**PROBLEM**: Which lines of the listing below contain the word "cons"? Copy each of them.

**GIVEN RECORDS**:
**********

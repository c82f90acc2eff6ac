-- ===== src/Tests/Loading.antt =====
-- Conjuncts, the relations that they touch, and the arrays they are loaded to.
use compute_ql.Shared.{
  none, ℕ, List, true, false, ◌≡◌, refl, ◌≤◌, [], ◌∷◌, some, length, arith, take, if◌then◌else◌,
  leb, map,
}
use compute_ql.Shared.Bits.{bit_at}
use compute_ql.Ir.{Node, NodeType, node, nil, cons}
use compute_ql.Plan.{Plan, PlanType, plan, no_fields}
use compute_ql.Text.{str8_lit}
use compute_ql.Optimizer.{Relation, JoinStep, Conjunct, Destination}
use compute_ql.Optimizer.Assemble.{Search}
use compute_ql.Shared.Bits.{bit_at}
use compute_ql.Order.Laws.{count}
use compute_ql.Optimizer.Assemble.Keeps.{live_conjuncts, weight}
use compute_ql.Optimizer.Logic.{meaning}
use compute_ql.Optimizer.Conjuncts.{optimizer_ir_collect_conjuncts, optimizer_ir_and_chain}
use compute_ql.Optimizer.Conjuncts.Laws.{
  conjuncts, collect_conjuncts_lem, and_chain-collect_meaning,
}
use compute_ql.Optimizer.Refs.{optimizer_collect_relation_refs}
use compute_ql.Optimizer.Refs.Touches.{touches, as_bit, no_refs, refs_bit_lem}
use compute_ql.Optimizer.Load.{Flat, optimizer_flatten_from, optimizer_load_conjuncts, note_refs}
use compute_ql.Optimizer.Load.Flatten.{scans, flatten_from_lem}
use compute_ql.Optimizer.Load.Whole.{all_conditions, load_conjuncts_lem}
use compute_ql.Tests.Data.{
  conjunct_of, relations, orders, items, scan_of, both_tests, sku_is_five, id_below_three, null_row,
  left_join_steps,
}

collect_conjuncts_lem_example :
    optimizer_ir_collect_conjuncts 64 both_tests (record { stored = []; count = 0 })
    ≡ record { stored = take 64 (conjuncts both_tests); count = length (conjuncts both_tests) }
collect_conjuncts_lem_example = collect_conjuncts_lem 64 both_tests

two_collected :
    optimizer_ir_collect_conjuncts 64 both_tests (record { stored = []; count = 0 })
    ≡ record { stored = id_below_three ∷ sku_is_five ∷ []; count = 2 }
unfolding optimizer_ir_collect_conjuncts compute_ql.Optimizer.is_operator compute_ql.Ir.same_type
    compute_ql.Text.str8_match compute_ql.Text.match_loop compute_ql.Text.adjust_char
    compute_ql.Optimizer.Conjuncts.store_leaf
two_collected = refl

-- The chain of the two.
abbrev rebuilt : Node
rebuilt = node NodeType.operator (str8_lit "and") (cons id_below_three (cons sku_is_five nil))

two_fit :
    (optimizer_ir_collect_conjuncts 64 both_tests (record { stored = []; count = 0 })).count ≤ 64
two_fit = rw two_collected (omega arith)

two_rebuilt :
    optimizer_ir_and_chain
      (optimizer_ir_collect_conjuncts 64 both_tests (record { stored = []; count = 0 })).stored
    ≡ some rebuilt
unfolding optimizer_ir_and_chain compute_ql.Ir.ir_node_add_child compute_ql.Ir.ir_node_make
    compute_ql.Optimizer.Conjuncts.optimizer_ir_clone
two_rebuilt = rw two_collected refl

and_chain-collect_meaning_example : meaning null_row rebuilt ≡ meaning null_row both_tests
and_chain-collect_meaning_example =
    and_chain-collect_meaning null_row 64 both_tests rebuilt two_fit two_rebuilt

refs_bit_lem_example :
    bit_at 1 (optimizer_collect_relation_refs relations both_tests no_refs).mask
    ≡ as_bit (touches relations 1 both_tests)
refs_bit_lem_example = refs_bit_lem relations 1 both_tests (omega arith) (omega arith)

abbrev left_join : Plan
left_join =
    plan PlanType.join (scan_of orders) (scan_of items)
      (record no_fields { value = str8_lit "left"; condition = some sku_is_five })

abbrev flattened : Flat
flattened = record { relations = relations; steps = left_join_steps }

left_join-flattened :
    optimizer_flatten_from left_join (record { relations = []; steps = [] }) ≡ some flattened
unfolding optimizer_flatten_from compute_ql.Plan.same_plan_type
    compute_ql.Optimizer.Load.flatten_scan compute_ql.Optimizer.Load.note_step
    compute_ql.Text.str8_match compute_ql.Text.match_loop compute_ql.Text.adjust_char
left_join-flattened = refl

flatten_from_lem_example :
    (map (λ (r : Relation). r.scan) flattened.relations ≡ scans left_join)
    × (length flattened.steps ≡ length flattened.relations)
    × (length flattened.relations ≤ 32)
flatten_from_lem_example = flatten_from_lem left_join flattened left_join-flattened

abbrev where_node : Node
where_node = node NodeType.where_clause [] (cons both_tests nil)

load_conjuncts_lem_example :
    optimizer_load_conjuncts (some where_node) left_join_steps 2 relations ≡ (
      if leb (length (all_conditions (some where_node) left_join_steps 2)) 64
      then map (note_refs relations) (all_conditions (some where_node) left_join_steps 2)
      else [])
load_conjuncts_lem_example = load_conjuncts_lem (some where_node) left_join_steps 2 relations

-- One filter, one ON condition, one residual condition and a dropped one.
abbrev four_conjuncts : List Conjunct
four_conjuncts =
    record (conjunct_of id_below_three 1 true 0) { destination = Destination.filter; target = 0 }
    ∷ record (conjunct_of sku_is_five 3 false 1) { destination = Destination.on_clause; target = 1 }
    ∷ conjunct_of both_tests 3 true 0
    ∷ record (conjunct_of sku_is_five 2 true 0) { destination = Destination.dropped }
    ∷ []

three_live : weight (λ c. 1) (live_conjuncts four_conjuncts) ≡ 3
unfolding weight live_conjuncts
three_live = refl

abbrev orders_relation : Relation
orders_relation = record { scan = scan_of orders; table = orders; alias = [] }

abbrev items_relation : Relation
items_relation = record { scan = scan_of items; table = items; alias = [] }

-- Two inner joins that the search has swapped, with an equality of its own.
abbrev inner_steps : List JoinStep
inner_steps =
    record { type = []; on_condition = none; null_supplying = false }
    ∷ record { type = str8_lit "inner"; on_condition = some sku_is_five; null_supplying = false }
    ∷ []

abbrev swapping : Search
swapping = record { reordered = true; derived = λ position. some sku_is_five }

abbrev swapped : List (ℕ × Relation)
swapped = (1, items_relation) ∷ (0, orders_relation) ∷ []
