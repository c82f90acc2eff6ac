-- ===== src/Tests/Ordering.antt =====
-- The order of rows, on keys of natural numbers.
use compute_ql.Shared.{some, ℕ, ◌≡◌, refl, true, false, List, [], ◌∷◌, take, arith, All}
use compute_ql.Text.{str8_lit}
use compute_ql.Order.{
  qe_order_before, merge_runs, merge_pass, merge_widths, qe_order_merge_sort, later_child,
  sift_loop, qe_order_sift_down, heapify_loop, select_loop, qe_order_select_top, positions,
}
use compute_ql.Order.Laws.{IsWeakOrder, IsSorted, count}
use compute_ql.Order.Merge.{merge_sort_lem}
use compute_ql.Order.Select.{select_top-take}
use compute_ql.Order.Keys.{
  SortKey, strings, numbers, number_at, compare_numbers, key_compare, memory_compare,
  qe_str8_compare, chunk_string, qe_sort_rows_compare_ctx, qe_sort_rows_less,
}
use compute_ql.Order.Keys.Laws.{IsOrdered, sort_rows_less-IsWeakOrder}
use compute_ql.ThreadPool.{tp_divide_work, ranges_from, work_range, ceil_integer_div}
use compute_ql.Order.TopK.{qe_sort_rows_top_k_parallel, top_k_task_count}
use compute_ql.Order.Native.{
  TopKKey, qe_sort_rows_top_k_native, native_candidates, qe_top_k_native_task, native_loop,
  native_displaces, native_merge_loop, qe_top_k_native_sort, qe_top_k_native_heapify,
  native_heapify_loop, qe_top_k_native_sift_down, native_sift_loop, native_child,
  qe_top_k_native_before, qe_top_k_native_compare, native_key_compare, qe_top_k_key_value,
}
use compute_ql.Order.Native.Keys.{native_less, KeysAreOrdered}
use compute_ql.Order.Native.Parallel.{top_k_native-take}
use compute_ql.Order.TopK.Parallel.{top_k_parallel-take}
use compute_ql.Tests.Folding.{naturals}

-- ORDER BY price DESC, name.
abbrev keys : List (SortKey naturals)
keys =
    record { column = numbers (5 ∷ 7 ∷ 5 ∷ 9 ∷ 5 ∷ []); descending = true }
    ∷ record {
      column =
          strings
            record { bytes = str8_lit "catantbeebeeant"; offsets = 0 ∷ 3 ∷ 6 ∷ 9 ∷ 12 ∷ 15 ∷ [] };
      descending = false;
    }
    ∷ []

keys-IsOrdered : All (λ k. IsOrdered naturals k.column) keys
keys-IsOrdered = (λ a b c h k. ground arith, (tt, tt))

sort_rows_less-IsWeakOrder_example : IsWeakOrder (qe_sort_rows_less naturals keys)
sort_rows_less-IsWeakOrder_example = sort_rows_less-IsWeakOrder naturals keys keys-IsOrdered

abbrev order_of_keys : IsWeakOrder (qe_sort_rows_less naturals keys)
order_of_keys = sort_rows_less-IsWeakOrder naturals keys keys-IsOrdered

sorted_rows :
    qe_order_merge_sort (qe_sort_rows_less naturals keys) (positions 0 5) ≡ 3 ∷ 1 ∷ 4 ∷ 2 ∷ 0 ∷ []
unfolding qe_order_merge_sort merge_widths merge_pass merge_runs qe_order_before qe_sort_rows_less
    qe_sort_rows_compare_ctx key_compare compare_numbers number_at qe_str8_compare memory_compare
    chunk_string positions
sorted_rows = refl

selected_rows :
    qe_order_select_top (qe_sort_rows_less naturals keys) (positions 0 5) 3 ≡ 3 ∷ 1 ∷ 4 ∷ []
unfolding qe_order_select_top select_loop heapify_loop qe_order_sift_down sift_loop later_child
    qe_order_merge_sort merge_widths merge_pass merge_runs qe_order_before qe_sort_rows_less
    qe_sort_rows_compare_ctx key_compare compare_numbers number_at qe_str8_compare memory_compare
    chunk_string positions
selected_rows = refl

merge_sort_lem_example :
    IsSorted
      (qe_sort_rows_less naturals keys)
      (qe_order_merge_sort (qe_sort_rows_less naturals keys) (positions 0 5))
    × ((a : ℕ)
        → count a (qe_order_merge_sort (qe_sort_rows_less naturals keys) (positions 0 5))
          ≡ count a (positions 0 5))
merge_sort_lem_example =
    merge_sort_lem (qe_sort_rows_less naturals keys) order_of_keys (positions 0 5)

select_top-take_example :
    qe_order_select_top (qe_sort_rows_less naturals keys) (positions 0 5) 3
    ≡ take 3 (qe_order_merge_sort (qe_sort_rows_less naturals keys) (positions 0 5))
select_top-take_example =
    select_top-take (qe_sort_rows_less naturals keys) order_of_keys (positions 0 5) 3 (omega arith)

top_k_parallel-take_example :
    qe_sort_rows_top_k_parallel naturals 4 keys 5 2
    ≡ take 2 (qe_order_merge_sort (qe_sort_rows_less naturals keys) (positions 0 5))
top_k_parallel-take_example =
    top_k_parallel-take naturals keys keys-IsOrdered 4 5 2 (omega arith) (omega arith) (omega arith)

-- The same prices, read in place: row 3 is a NULL of an outer join.
abbrev native_keys : List (TopKKey naturals)
native_keys =
    record {
      table_rows = 10 ∷ 11 ∷ 12 ∷ 18446744073709551615 ∷ 13 ∷ [];
      base_ptr = some (5 ∷ 7 ∷ 5 ∷ 9 ∷ []);
      min_row = 10;
      descending = true;
    }
    ∷ []

native_keys-AreOrdered : KeysAreOrdered naturals native_keys
native_keys-AreOrdered = (λ a b c h k. ground arith, tt)

native_rows : qe_sort_rows_top_k_native naturals 4 native_keys 5 3 ≡ 4 ∷ 1 ∷ 0 ∷ []
unfolding qe_sort_rows_top_k_native native_candidates qe_top_k_native_task native_loop
    native_displaces native_merge_loop qe_top_k_native_sort qe_top_k_native_heapify
    native_heapify_loop qe_top_k_native_sift_down native_sift_loop native_child
    qe_top_k_native_before qe_top_k_native_compare native_key_compare qe_top_k_key_value
    compare_numbers positions top_k_task_count tp_divide_work ranges_from work_range
    ceil_integer_div
native_rows = refl

top_k_native-take_example :
    qe_sort_rows_top_k_native naturals 4 native_keys 5 3
    ≡ take 3 (qe_order_merge_sort (native_less naturals native_keys) (positions 0 5))
top_k_native-take_example =
    top_k_native-take naturals native_keys native_keys-AreOrdered 4 5 3 (omega arith) (omega arith)
      (omega arith) (omega arith)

**********

**OUTPUT FOR THIS TASK**:
use compute_ql.Ir.{Node, NodeType, node, nil, cons}
rebuilt = node NodeType.operator (str8_lit "and") (cons id_below_three (cons sku_is_five nil))
where_node = node NodeType.where_clause [] (cons both_tests nil)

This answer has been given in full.